Debian LTS This was my eight month as a paid contributor and I have been paid to work 12,25 hours on Debian LTS, a project started by Rapha l Hertzog. In that time I did the following:

• From 12. September until 19. September I was in charge of our LTS frontdesk. I triaged bugs in tiff3, mysql-5.5, curl, dropbear, mantis, icu, dwarfutils, jackrabbit, zendframework, zookeeper and graphicsmagick. For the latter I skimmed through all commits since the last version to identify the patches that fix the recent issues in graphicsmagick. I also answered questions on the mailing list and contacted Diego Biurrun again about his progress with libav.

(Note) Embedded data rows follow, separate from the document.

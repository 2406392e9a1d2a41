-- ===== src/Chat/Search/Collect.antt =====
-- The rooms that `chat_room_search` (chatroom_manager.cpp) answers with.
use studio_bondage_club.Prelude.{
  ℕ, zero, suc, ◌+◌, ◌≤◌, ◌≡◌, refl, Bool, not, List, [], ◌∷◌, pos, arith, reject, take, Bool-cases,
  inl, inr,
}
use studio_bondage_club.Json.{JsonLib}
use studio_bondage_club.Chat.Search.{collect}
use studio_bondage_club.Chat.State.{ChatRoom}

module _ (J : JsonLib) (listed : ChatRoom J → Bool) where
  abbrev pub kept : List (ChatRoom J) → List (ChatRoom J)
  kept rooms = reject (λ r. not (listed r)) rooms

  -- With `k + 1` rooms still wanted.
  collect-wanted :
      (l n k : ℕ) (rooms : List (ChatRoom J))
      → l ≡ n + suc k
      → collect J listed (pos l) n rooms ≡ take (suc k) (kept rooms)
  unfolding collect
  collect-wanted l n k [] e = refl
  collect-wanted l n zero (r ∷ rooms) e = elim (Bool-cases (listed r)) [
    | inl here ↦ rw here (ground arith)
    | inr there ↦ rw there (collect-wanted l n zero rooms e)
  ]
  collect-wanted l n (suc k) (r ∷ rooms) e = elim (Bool-cases (listed r)) [
    | inl here ↦ rw here (ground (arith, collect-wanted l (suc n) k rooms (omega arith)))
    | inr there ↦ rw there (collect-wanted l n (suc k) rooms e)
  ]

  -- With a limit of at least one, a search answers with the first rooms that pass its tests, in the
  -- order of its walk, as many as there are up to the limit.
  pub collect-take :
      (limit : ℕ) (rooms : List (ChatRoom J))
      → 1 ≤ limit
      → collect J listed (pos limit) 0 rooms ≡ take limit (kept rooms)
  collect-take zero rooms h = absurd (omega arith)
  collect-take (suc k) rooms h = collect-wanted (suc k) 0 k rooms (omega arith)
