-- ===== src/Wire.antt =====
-- The wire formats of the game server: Engine.IO packets and payloads
-- (server/gameserver/engineio/eio_protocol.cpp).
pub mod Event
pub mod RoundTrip
use studio_bondage_club.Prelude.{
  ℕ, ◌==◌, if◌then◌else◌, Bool, true, false, Option, none, some, List, [], ◌∷◌, Str, reject,
  is_empty, split, join_by,
}

pub data PacketType : Type 0 where
  open_packet close_packet ping_packet pong_packet message_packet upgrade_packet noop_packet :
      PacketType

-- The values of the enumerators.
unfoldable pub type_digit : PacketType → ℕ
type_digit open_packet = b'0'
type_digit close_packet = b'1'
type_digit ping_packet = b'2'
type_digit pong_packet = b'3'
type_digit message_packet = b'4'
type_digit upgrade_packet = b'5'
type_digit noop_packet = b'6'

-- `is_packet_type` and the cast.
unfoldable pub packet_type : ℕ → Option PacketType
packet_type c =
    if c == b'0'
    then some open_packet
    else if c == b'1'
    then some close_packet
    else if c == b'2'
    then some ping_packet
    else if c == b'3'
    then some pong_packet
    else if c == b'4'
    then some message_packet
    else if c == b'5'
    then some upgrade_packet
    else if c == b'6'
    then some noop_packet
    else none

pub record Packet : Type 0 where
  pub kind : PacketType
  pub content : Str

unfoldable pub encode : Packet → Str
encode p = type_digit p.kind ∷ p.content

unfoldable pub message : Str → Str
message payload = type_digit message_packet ∷ payload

of_type : Str → Option PacketType → Option Packet
of_type s none = none
of_type s (some t) = some (record { kind = t; content = s })

unfoldable pub parse_packet : Str → Option Packet
unfolding of_type
parse_packet [] = none
parse_packet (c ∷ s) = of_type s (packet_type c)

abbrev pub record_separator : ℕ
record_separator = 30

unfoldable pub encode_payload : List Str → Str
encode_payload packets = join_by record_separator packets

unfoldable pub decode_payload : Str → List Str
decode_payload body = reject is_empty (split record_separator body)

It is now anticipated that Hugo Lefeuvre and Diego will issue a new libav security release this month.
• I reviewed and tested a patch by Rapha l Hertzog for roundcube.
• DLA-629-1. Issued a security update for jackrabbit fixing 1 CVE.
• DLA-630-1. Issued a security update for zookeeper fixing 1 CVE.
• DLA-633-1. Issued a security update for wordpress fixing 7 CVE. This one also required backports of certain functions from newer releases and a database upgrade that required careful testing.
• I also issued DLA-622-1 and DLA-623-1, two security issues that I already mentioned last month. It was discovered that Debian s versions of Tomcat were vulnerable to a root privilege escalation issue. However it was also necessary that another exploit, for instance in a web application, could be used to gain write access as the tomcat user. Former security issues were already fixed and new ones are not known. Nevertheless since a zero-day exploit could not be ruled out, the issue was embargoed for a month to give other distributions time to fix this issue as well. You can read more about this topic at legalhackers.com.

Non-maintainer uploads

• I fixed various RC bugs in several games that are not maintained by the Games Team. The following games will be available in Stretch again soon: solarwolf, enigma, open-invaders, crrcsim, noiz2sa, csmash, csmash-demosong and glob2.

Misc

• I packaged a new upstream release of MediathekView.
• I uploaded a new revision of xarchiver and applied a patch from Helmut Grohne that made it possible to cross-build the package.